TASK DATA:
--- --- ---
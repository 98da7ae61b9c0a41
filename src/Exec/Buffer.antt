-- ===== src/Exec/Buffer.antt =====
-- cappedBuffer of internal/exec/runner.go: it collects the first `cap` bytes and drops the rest.
use mathlib.Core.List.{append_assoc, append-nil}
use copyfail_validation.Base.{
  ℕ, zero, suc, ◌-◌, ◌≤◌, ◌<◌, List, [], ◌∷◌, ◌++◌, Bool, true, false, ◌≡◌, refl, sym, ap, arith,
  leb, ltb, ◌∙◌, if◌then◌else◌, length, length-append, take, is_empty, All,
}
use copyfail_validation.Text.Utf8.{Bytes}

pub record CappedBuffer : Type 0 where
  pub bytes : Bytes
  pub cap : ℕ
  pub truncated : Bool

-- Write; the count that it returns is always that of the bytes handed in.
unfoldable pub write : CappedBuffer → Bytes → CappedBuffer × ℕ
write b p =
    let remaining = b.cap - length b.bytes in
    if b.truncated
    then (b, length p)
    else if leb remaining 0
    then (record b { truncated = true }, length p)
    else if ltb remaining (length p)
    then (record b { bytes = b.bytes ++ take remaining p; truncated = true }, length p)
    else (record b { bytes = b.bytes ++ p }, length p)

-- The writes of one stream, in order.
unfoldable pub write_all : CappedBuffer → List Bytes → CappedBuffer
unfolding write
write_all b [] = b
write_all b (p ∷ ps) = write_all (write b p).0 ps

abbrev pub empty : ℕ → CappedBuffer
empty cap = record { bytes = []; cap = cap; truncated = false }

abbrev pub concat : List Bytes → Bytes
concat [] = []
concat (p ∷ ps) = p ++ concat ps

take_all : (n : ℕ) (s : Bytes) → length s ≤ n → take n s ≡ s
take_all zero [] h = refl
take_all zero (c ∷ s) h = absurd (omega arith)
take_all (suc n) [] h = refl
take_all (suc n) (c ∷ s) h = ap (◌∷◌ c) (take_all n s (omega arith))

take-append : (n : ℕ) (s t : Bytes) → length s ≤ n → take n (s ++ t) ≡ s ++ take (n - length s) t
take-append n [] t h = ap (λ k. take k t) (omega arith)
take-append zero (c ∷ s) t h = absurd (omega arith)
take-append (suc n) (c ∷ s) t h =
    ap (◌∷◌ c) (take-append n s t (omega arith) ∙ ap (λ k. s ++ take k t) (omega arith))

take-append_full : (n : ℕ) (s t : Bytes) → n ≤ length s → take n (s ++ t) ≡ take n s
take-append_full zero s t h = refl
take-append_full (suc n) [] t h = absurd (omega arith)
take-append_full (suc n) (c ∷ s) t h = ap (◌∷◌ c) (take-append_full n s t (omega arith))

length_pos : (p : Bytes) → is_empty p ≡ false → 0 < length p
length_pos [] h = absurd (cc)
length_pos (c ∷ p) h = omega arith

-- The buffer holds what it is to hold of the bytes `all` that were written to it.
record Holds (cap : ℕ) (all : Bytes) (b : CappedBuffer) : Type 0 where
  same_cap : b.cap ≡ cap
  bytes : b.bytes ≡ take cap all
  truncated : b.truncated ≡ ltb cap (length all)

write-Holds :
    {cap : ℕ} {all : Bytes} (b : CappedBuffer) (p : Bytes)
    → Holds cap all b
    → is_empty p ≡ false
    → Holds cap (all ++ p) (write b p).0
unfolding write
write-Holds {cap} {all} b p h n = ground (
  arith,
  length-append all p,
  length_pos p n,
  take_all cap all,
  take_all cap (all ++ p),
  take-append cap all p,
  take-append_full cap all p,
)

write_all-Holds :
    {cap : ℕ} (all : Bytes) (b : CappedBuffer) (ps : List Bytes)
    → Holds cap all b
    → All (λ p. is_empty p ≡ false) ps
    → Holds cap (all ++ concat ps) (write_all b ps)
unfolding write_all
write_all-Holds all b [] h n = rw append-nil h
write_all-Holds {cap} all b (p ∷ ps) h n =
    rw (append_assoc all p (concat ps)) at
      (write_all-Holds (all ++ p) (write b p).0 ps (write-Holds b p h n.0) n.1)

-- After any writes of at least one byte each, the buffer holds the first `cap` bytes of all that
-- was written, and is marked as truncated exactly if more than `cap` bytes were.
pub write_all_lem :
    (cap : ℕ) (ps : List Bytes)
    → All (λ p. is_empty p ≡ false) ps
    → ((write_all (empty cap) ps).bytes ≡ take cap (concat ps))
      × ((write_all (empty cap) ps).truncated ≡ ltb cap (length (concat ps)))
write_all_lem cap ps n = let h = write_all-Holds [] (empty cap) ps start n in (h.bytes, h.truncated)
  where
    start : Holds cap [] (empty cap)
    start = record {
      same_cap = refl;
      bytes = sym (take_all cap [] (omega arith));
      truncated = ground arith;
    }

-- Write reports every byte as consumed, whatever it drops.
pub write_consumes : (b : CappedBuffer) (p : Bytes) → (write b p).1 ≡ length p
unfolding write
write_consumes b p = ground arith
--- --- ---
TASK PROMPT: Copy only the stretch running from the line containing "start : Holds cap [] (empty cap)" to the final line of the entries, both ends included, exactly as it stands.

WRITTEN SOLUTION:
    start : Holds cap [] (empty cap)
    start = record {
      same_cap = refl;
      bytes = sym (take_all cap [] (omega arith));
      truncated = ground arith;
    }

-- Write reports every byte as consumed, whatever it drops.
pub write_consumes : (b : CappedBuffer) (p : Bytes) → (write b p).1 ≡ length p
unfolding write
write_consumes b p = ground arith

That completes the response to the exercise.